Even for a company with Check Point's absurdly high margins and free cash flow production, growth is the driving concern for most investors. On that front, ongoing deceleration in revenue, despite new product launches, is hardly encouraging news.

However, maybe things aren't that dire. It's true that Sourcefire and Palo Alto use different, more advanced technology in their hardware, but that's largely only needed for the biggest and most complex clients - for much of Check Point's core client base, that's simply more horsepower (and cost) than they need.

Moreover, Check Point is seeing some trading-down during this period, as customers opt to go with cheaper options. Although that's not a good thing in its own right, at least that business is staying within Check Point - and maybe reflective of a tougher/weaker macro environment than analysts and industry participants have been willing to acknowledge.

There's Still Opportunity, but the Window Won't Stay Open Forever
Obviously, I'm concerned that Check Point has underspent on R&D and can't go toe-to-toe with companies like SonicWall, Palo Alto, and Fortinet in terms of technology. I'm also concerned that the company didn't take full advantage of the opportunity to exploit Cisco (Nasdaq:CSCO) and Juniper (NYSE:JNPR) when they were distracted and under-executing. Last and not least, I worry about whether management still thinks in terms of shaping/leading the market, or whether it is content to farm its considerable client base and simply react to what newcomers like Palo Alto and F5 (Nasdaq:FFIV) do in the market.

The good news is that the company still has a large user base and a very large amount of cash on the balance sheet.
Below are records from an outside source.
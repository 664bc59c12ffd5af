-- ===== src/Logging/Levels.antt =====
-- The levels at which the statements log.
use cevent_loop.Prelude.{◌≡◌, ◌⊎◌, inl, inr, refl, true, false, leb}
use cevent_loop.Logging.{
  LogLevel, trace, debug, info, warn, error, fatal, num_log_levels, rank, Macro, log_trace,
  log_debug, log_info, log_warn, log_syserr, log_fatal, enabled,
}

-- The level that the name of a macro says.
abbrev named : Macro → LogLevel
named log_trace = trace
named log_debug = debug
named log_info = info
named log_warn = warn
named log_syserr = error
named log_fatal = fatal

-- A statement logs exactly if the level of the logger is at most the one that the macro is named for,
-- except for LOG_WARN at the level WARN: it does not log there, where its name says that it should.
enabled_lem :
    (m : Macro) (level : LogLevel)
    → (enabled m level ≡ leb (rank level) (rank (named m)))
      ⊎ ((m ≡ log_warn)
          × (level ≡ warn)
          × (enabled m level ≡ false)
          × (leb (rank level) (rank (named m)) ≡ true))
unfolding enabled
enabled_lem log_trace trace = inl refl
enabled_lem log_trace debug = inl refl
enabled_lem log_trace info = inl refl
enabled_lem log_trace warn = inl refl
enabled_lem log_trace error = inl refl
enabled_lem log_trace fatal = inl refl
enabled_lem log_trace num_log_levels = inl refl
enabled_lem log_debug level = inl refl
enabled_lem log_info level = inl refl
enabled_lem log_warn trace = inl refl
enabled_lem log_warn debug = inl refl
enabled_lem log_warn info = inl refl
enabled_lem log_warn warn = inr (refl, refl, refl, refl)
enabled_lem log_warn error = inl refl
enabled_lem log_warn fatal = inl refl
enabled_lem log_warn num_log_levels = inl refl
enabled_lem log_syserr level = inl refl
enabled_lem log_fatal level = inl refl
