-- ===== src/Logging/Lines.antt =====
-- What one statement writes.
use cevent_loop.Prelude.{
  ℕ, ◌≡◌, inl, inr, refl, sym, ap, ◌∙◌, Bool-cases, List, [], ◌∷◌, ◌++◌, append-nil, append_assoc,
  if◌then◌else◌,
}
use cevent_loop.Prelude.Text.{Text}
use cevent_loop.Logging.{
  Settings, Macro, enabled, Logger, new, Item, item_text, stream, stream_all, destruct, log,
}

abbrev pub items_text : List Item → Text
items_text [] = []
items_text (i ∷ is) = item_text i ++ items_text is

stream_all_lem :
    (is : List Item) (l : Logger)
    → stream_all is l ≡ record l { buffer = l.buffer ++ items_text is }
unfolding stream_all stream
stream_all_lem [] l = ap (λ (b : Text). record l { buffer = b }) (sym (append-nil l.buffer))
stream_all_lem (i ∷ is) l =
    stream_all_lem is (record l { buffer = l.buffer ++ item_text i })
    ∙ ap (λ (b : Text). record l { buffer = b })
        (append_assoc l.buffer (item_text i) (items_text is))

-- The output appends to what was written, and `flush` says up to where it has got.
pub record Sink : Type 0 where
  pub written : Text
  pub flushed : Text

abbrev pub Appending : Settings Sink → Type 0
Appending s =
    ((t : Text) (w : Sink) → s.output t w ≡ record w { written = w.written ++ t })
    × ((w : Sink) → s.flush w ≡ record w { flushed = w.written })

abbrev pub line_text : Text → List Item → Text
line_text file items = file ++ (b':' ∷ (items_text items ++ (b'\n' ∷ [])))

destruct_lem :
    (s : Settings Sink) (l : Logger) (w : Sink)
    → Appending s
    → destruct s l w ≡ (
        let text = w.written ++ (l.source_file ++ (b':' ∷ (l.buffer ++ (b'\n' ∷ [])))) in
        record { written = text; flushed = text })
unfolding destruct
destruct_lem s l w (out, flush) = simp (out, flush, append_assoc)

-- A statement in a file, at a line.
pub record Statement : Type 0 where
  pub macro : Macro
  pub file : Text
  pub line : ℕ
  pub items : List Item

unfoldable pub run : Settings Sink → List Statement → Sink → Sink
unfolding log
run s [] w = w
run s (t ∷ ts) w = run s ts (log s t.macro t.file t.line t.items w)

-- The lines of the statements that log.
abbrev pub lines : Settings Sink → List Statement → Text
lines s [] = []
lines s (t ∷ ts) = (if enabled t.macro s.level then line_text t.file t.items else []) ++ lines s ts

pub log_lem :
    (s : Settings Sink) (t : Statement) (w : Sink)
    → Appending s
    → log s t.macro t.file t.line t.items w ≡ (
        if enabled t.macro s.level
        then record {
          written = w.written ++ line_text t.file t.items;
          flushed = w.written ++ line_text t.file t.items;
        }
        else w)
unfolding log new
log_lem s t w a = elim (Bool-cases (enabled t.macro s.level)) [
  | inl on ↦
      rw (on, stream_all_lem t.items (new t.file t.line))
        (destruct_lem s
          (record { buffer = items_text t.items; source_file = t.file; line = t.line }) w a)
  | inr off ↦ rw off refl
]

-- With functions that append to the output and flush it, a run of statements writes, behind what was
-- written, one line for each that logs and nothing for the others, in order: the file, a colon, what it
-- streams and a line feed. No line number is written. If all was flushed before, it is after.
pub run_lem :
    (s : Settings Sink) (ts : List Statement) (w : Sink)
    → Appending s
    → ((run s ts w).written ≡ w.written ++ lines s ts)
      × (w.flushed ≡ w.written → (run s ts w).flushed ≡ (run s ts w).written)
unfolding run
run_lem s [] w a = (sym (append-nil w.written), λ h. h)
run_lem s (t ∷ ts) w a =
    rw (run, log_lem s t w a)
      (elim (Bool-cases (enabled t.macro s.level)) [
        | inl on ↦
            let text : Text = w.written ++ line_text t.file t.items in
            let (more, all) = run_lem s ts (record { written = text; flushed = text }) a in
            rw on
              (more ∙ append_assoc w.written (line_text t.file t.items) (lines s ts), λ h. all refl)
        | inr off ↦ rw off (run_lem s ts w a)
      ])
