-- ===== src/Logging/Tests.antt =====
-- A logger at the level INFO whose sink is a text.
use cevent_loop.Prelude.{◌≡◌, refl, List, [], ◌∷◌, ◌++◌}
use cevent_loop.Prelude.Int.{negsuc}
use cevent_loop.Prelude.Text.{codes, print_int}
use cevent_loop.Logging.{
  Settings, info, log_debug, log_info, enabled, number, view, log, stream_all,
}
use cevent_loop.Logging.Lines.{Sink, Statement, run, lines, run_lem}

abbrev to_sink : Settings Sink
to_sink = record {
  level = info;
  output = λ t w. record w { written = w.written ++ t };
  flush = λ w. record w { flushed = w.written };
}

abbrev empty : Sink
empty = record { written = []; flushed = [] }

abbrev statements : List Statement
statements =
    record {
      macro = log_info;
      file = codes "a.cc";
      line = 3;
      items = view (codes "n = ") ∷ number (negsuc 11) ∷ [];
    }
    ∷ record { macro = log_debug; file = codes "a.cc"; line = 4; items = [] }
    ∷ []

one_line : (run to_sink statements empty).written ≡ codes "a.cc:n = -12" ++ (b'\n' ∷ [])
unfolding run log stream_all enabled print_int
one_line = refl

run_lem_example :
    ((run to_sink statements empty).written ≡ [] ++ lines to_sink statements)
    × (empty.flushed ≡ empty.written
        → (run to_sink statements empty).flushed ≡ (run to_sink statements empty).written)
run_lem_example = run_lem to_sink statements empty (λ t w. refl, λ w. refl)
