-- ===== src/Poller/Stale.antt =====
-- A removed channel keeps its old index: what an update of it does to the array.
use cevent_loop.Prelude.{
  ℕ, ◌-◌, ◌<◌, ◌≡◌, ◌≢◌, none, some, sym, ap, get_elem?, ◌∙◌, arith, length, set, ok,
  get_elem?-set_self,
}
use cevent_loop.Prelude.Int.{pos}
use cevent_loop.Channel.{Channel}
use cevent_loop.Prelude.Maps.{put_self}
use cevent_loop.Prelude.Elements.{get_elem?-lt-length, get_elem?-of_lt}
use cevent_loop.Poller.{Poller, PollFd, entry, update_channel, remove_channel}
use cevent_loop.Poller.Valid.{Registered, IsValid}
use cevent_loop.Poller.Remove.{Removed, remove_channel-Removed}

module _ {s s' : Poller} (c i : ℕ) (p : PollFd) (r : Registered s c i p) (m : Removed s c s')
    (inner : i ≢ length s.pollfds - 1) where
  overwritten : Poller
  overwritten = record s' { pollfds = set s'.pollfds i (entry (s.heap c)) }

  in_range : i < length s'.pollfds
  in_range = omega (arith, m.shorter, get_elem?-lt-length s.pollfds i r.entry_at)

  update_overwrites : update_channel c s' ≡ ok overwritten
  unfolding update_channel overwritten
  update_overwrites = let l = in_range in ground (arith, m.heap_of, r.index_of)

  overwritten-not-IsValid : ¬ IsValid overwritten
  unfolding overwritten
  overwritten-not-IsValid v =
      let (d, t) =
        v.entries i (entry (s.heap c))
          (get_elem?-set_self s'.pollfds i (entry (s.heap c)) in_range) in
      let gone = m.channels_of (s.heap c).fd ∙ put_self s.channels (s.heap c).fd none in
      let both : none ≡ some d = sym gone ∙ t.mapped in cc both

  -- Another channel had moved to the position of the one that was removed.
  moved_in : (d : ℕ) × (q : PollFd) × Registered s' d i q
  moved_in =
      let (q, e) = get_elem?-of_lt s'.pollfds i in_range in
      let (d, t) = m.valid.entries i q e in (d, q, t)

  not_itself : (d : ℕ) (q : PollFd) → Registered s' d i q → c ≢ d
  not_itself d q t e =
      let fd : (s.heap c).fd ≡ q.fd =
        ap (λ (x : Channel). x.fd) (sym m.heap_of) ∙ ap (λ x. (s'.heap x).fd) e ∙ t.fd_of in
      let gone : s'.channels q.fd ≡ none =
        ap s'.channels (sym fd)
        ∙ m.channels_of (s.heap c).fd
        ∙ put_self s.channels (s.heap c).fd none in
      let both : none ≡ some d = sym gone ∙ t.mapped in cc both

-- What the update does to the channel `d` whose entry it takes: the entry is for the descriptor of `c`
-- now, while `d` is in the map and knows that position as before.
pub record TakenOver (c d i : ℕ) (q : PollFd) (s' s'' : Poller) : Type 0 where
  pub other : c ≢ d
  pub before : Registered s' d i q
  pub overwritten_by : get_elem? s''.pollfds i ≡ some (entry (s'.heap c))
  pub still_mapped : s''.channels q.fd ≡ some d
  pub still_indexed : (s''.heap d).index ≡ pos i

-- A channel that is removed from before the end of the array and then passed to `updateChannel` once
-- more: both calls go through, and the second one puts the entry of the channel in the place of the
-- entry of another channel, which is still in the map and still has that index, so that the array and
-- the map disagree.
pub stale_update :
    {s : Poller} (c i : ℕ) (p : PollFd)
    → IsValid s
    → Registered s c i p
    → i ≢ length s.pollfds - 1
    → (s' s'' : Poller) × (remove_channel c s ≡ ok s')
      × (update_channel c s' ≡ ok s'')
      × ((d : ℕ) × (q : PollFd) × TakenOver c d i q s' s'')
      × (¬ IsValid s'')
unfolding overwritten
stale_update {s} c i p v r inner =
    let (s', e, m) = remove_channel-Removed c i p v r in
    let (d, q, t) = moved_in c i p r m inner in
    (
      s',
      overwritten c i p r m inner,
      e,
      update_overwrites c i p r m inner,
      (
        d,
        q,
        record {
          other = not_itself c i p r m inner d q t;
          before = t;
          overwritten_by =
              get_elem?-set_self s'.pollfds i (entry (s.heap c)) (in_range c i p r m inner)
              ∙ ap (λ x. some (entry x)) (sym m.heap_of);
          still_mapped = t.mapped;
          still_indexed = t.index_of;
        },
      ),
      overwritten-not-IsValid c i p r m inner,
    )
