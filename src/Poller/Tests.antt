-- ===== src/Poller/Tests.antt =====
-- The poller with two channels.
use cevent_loop.Prelude.{ℕ, ◌≡◌, refl, ok, inr, arith}
use cevent_loop.Prelude.Int.{pos, same}
use cevent_loop.Channel.{ask_reading, ask_writing, ask_nothing}
use cevent_loop.Poller.{
  Poller, PollFd, add_channel, update_channel, remove_channel, enable_reading, enable_writing,
  disable_all,
}
use cevent_loop.Poller.Valid.{Registered, IsValid}
use cevent_loop.Poller.Remove.{Removed, remove_channel-Removed}
use cevent_loop.Poller.Stale.{TakenOver, stale_update}
use cevent_loop.Poller.Fixture.{two_channels, two_channels-IsValid}
use cevent_loop.Poller.Interest.{Reaches, interest-Reaches}

abbrev first_entry : PollFd
first_entry = record { fd = pos 4; events = 3; revents = 0 }

first-Registered : Registered two_channels 1 0 first_entry
unfolding add_channel same
first-Registered = record {
  entry_at = refl;
  mapped = refl;
  index_of = refl;
  fd_of = refl;
  opened = refl;
}

remove_channel-Removed_example :
    (s' : Poller) × (remove_channel 1 two_channels ≡ ok s') × Removed two_channels 1 s'
remove_channel-Removed_example =
    remove_channel-Removed 1 0 first_entry two_channels-IsValid first-Registered

stale_update_example :
    (s' s'' : Poller) × (remove_channel 1 two_channels ≡ ok s')
    × (update_channel 1 s' ≡ ok s'')
    × ((d : ℕ) × (q : PollFd) × TakenOver 1 d 0 q s' s'')
    × (¬ IsValid s'')
unfolding add_channel
stale_update_example =
    stale_update 1 0 first_entry two_channels-IsValid first-Registered (omega arith)

interest-Reaches_example :
    Reaches 1 (ask_reading (two_channels.heap 1)) (enable_reading 1 two_channels)
    × Reaches 1 (ask_writing (two_channels.heap 1)) (enable_writing 1 two_channels)
    × Reaches 1 (ask_nothing (two_channels.heap 1)) (disable_all 1 two_channels)
interest-Reaches_example =
    interest-Reaches two_channels 1 two_channels-IsValid (inr (0, first_entry, first-Registered))
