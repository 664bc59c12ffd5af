-- ===== src/Prelude/OrderedMap.antt =====
-- `std::map` with its order: entries as they stand, and what a comparison makes of a key.
use mathlib.Core.Bool.{Bool}
use mathlib.Core.List.{List, [], ◌∷◌}
use cevent_loop.Prelude.Tests.{if◌then◌else◌}

module _ {ℓ} {K V : Type ℓ} (less : K → K → Bool) where
  -- The entries before `lower_bound(k)`: those less than the key, up to the first that is not.
  unfoldable pub before : K → List (K × V) → List (K × V)
  before k [] = []
  before k (e ∷ es) = if less e.0 k then e ∷ before k es else []

  -- The entries from `lower_bound(k)` to the end.
  unfoldable pub from : K → List (K × V) → List (K × V)
  from k [] = []
  from k (e ∷ es) = if less e.0 k then from k es else e ∷ es

  -- `insert`: a key that is equivalent to one in the map changes nothing.
  unfoldable pub insert : K → V → List (K × V) → List (K × V)
  insert k v [] = (k, v) ∷ []
  insert k v (e ∷ es) =
      if less e.0 k then e ∷ insert k v es else if less k e.0 then (k, v) ∷ (e ∷ es) else e ∷ es
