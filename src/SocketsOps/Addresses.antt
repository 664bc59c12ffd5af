-- ===== src/SocketsOps/Addresses.antt =====
-- When the two ends of a socket are the same.
use cevent_loop.Prelude.{
  ℕ, ◌≡◌, ◌⊎◌, inl, inr, ◌↔◌, refl, Bool, Bool-cases, true, false, ◌&&◌, Option, ◌==◌,
  if◌then◌else◌, ==_iff,
}
use cevent_loop.Prelude.Text.{Text, same_text, same_text_iff}
use cevent_loop.SocketsOps.{
  af_inet, af_inet6, family, port_bytes, address4, address6, get_addr, is_self_connect,
}

-- The family of the one end decides which bytes of both are the address.
abbrev SameEnd : Text → Text → Type 0
SameEnd a b =
    ((family a ≡ af_inet) × (port_bytes a ≡ port_bytes b) × (address4 a ≡ address4 b))
    ⊎ ((family a ≡ af_inet6) × (port_bytes a ≡ port_bytes b) × (address6 a ≡ address6 b))

both_true : (x y : Bool) → x && y ≡ true → (x ≡ true) × (y ≡ true)
both_true true y h = (refl, h)
both_true false y h = cc h

-- The conditional of `IsSelfConnect`, on the outcomes of its comparisons.
decided : ℕ → Bool → Bool → Bool → Bool
decided f p q r = if f == af_inet then p && q else if f == af_inet6 then p && r else false

decided_iff :
    (f : ℕ) (p q r : Bool)
    → (decided f p q r ≡ true)
      ↔ (((f ≡ af_inet) × (p ≡ true) × (q ≡ true)) ⊎ ((f ≡ af_inet6) × (p ≡ true) × (r ≡ true)))
unfolding decided
decided_iff f p q r = (
  λ h. elim (Bool-cases (f == af_inet)) [
    | inl e ↦ let (x, y) = both_true p q (rw e at h) in inl ((==_iff f af_inet).0 e, x, y)
    | inr n ↦ elim (Bool-cases (f == af_inet6)) [
      | inl e ↦ let (x, y) = both_true p r (rw (n, e) at h) in inr ((==_iff f af_inet6).0 e, x, y)
      | inr m ↦ let no : false ≡ true = rw (n, m) at h in cc no
    ]
  ],
  λ h. elim h [ inl (e, x, y) ↦ rw (e, x, y) refl | inr (e, x, y) ↦ rw (e, x, y) refl ],
)

-- `IsSelfConnect` holds exactly if the local end is of one of the two families and has the port and the
-- address of the other end, which need not be of the same family.
is_self_connect_iff :
    (local peer : Option Text)
    → (is_self_connect local peer ≡ true) ↔ SameEnd (get_addr local) (get_addr peer)
unfolding is_self_connect decided
is_self_connect_iff local peer =
    let a = get_addr local in
    let b = get_addr peer in
    let (p, p') = same_text_iff (port_bytes a) (port_bytes b) in
    let (q, q') = same_text_iff (address4 a) (address4 b) in
    let (r, r') = same_text_iff (address6 a) (address6 b) in
    let (to, from) =
      decided_iff (family a) (same_text (port_bytes a) (port_bytes b))
        (same_text (address4 a) (address4 b)) (same_text (address6 a) (address6 b)) in
    (
      λ h. elim (to h) [ inl (f, x, y) ↦ inl (f, p x, q y) | inr (f, x, y) ↦ inr (f, p x, r y) ],
      λ h.
          from
            (elim h [ inl (f, x, y) ↦ inl (f, p' x, q' y) | inr (f, x, y) ↦ inr (f, p' x, r' y) ]),
    )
I don't mean to suggest that reestablishing technology leadership is a simple matter of throwing handfuls of cash at engineers or patching over past missed opportunities with M&A, but it's a lot easier to get a business back on track without the pressures of a bad balance sheet.

SEE: Analyzing An Acquisition Announcement

The Bottom Line
I don't have an especially great amount of confidence that Check Point management really wants to shake things up and challenge the likes of Palo Alto for leadership in aspects of security that only engineers are likely to fully appreciate. While I respect that Check Point's growth potential is likely underestimated and that the company can continue to drive good profits and cash flow from its existing configuration, I also realize that Wall Street isn't going to buy that so long as revenue growth keeps shrinking.

I realize that a company with a double-digit EV/EBITDA multiple and a six times-plus multiple on trailing sales is not cheap at first blush. However, when you consider cash flow, just 4% free cash flow growth (almost one-third the rate of growth over the trailing decade) is enough to drive a fair value above $60. Consequently, I do believe there is real value in these shares, but I think it's going to take patience and maybe even some investor activism for that value to make its way into the actual share price.

At the time of writing, Stephen D. Simpson did not own any shares in any company mentioned in this article.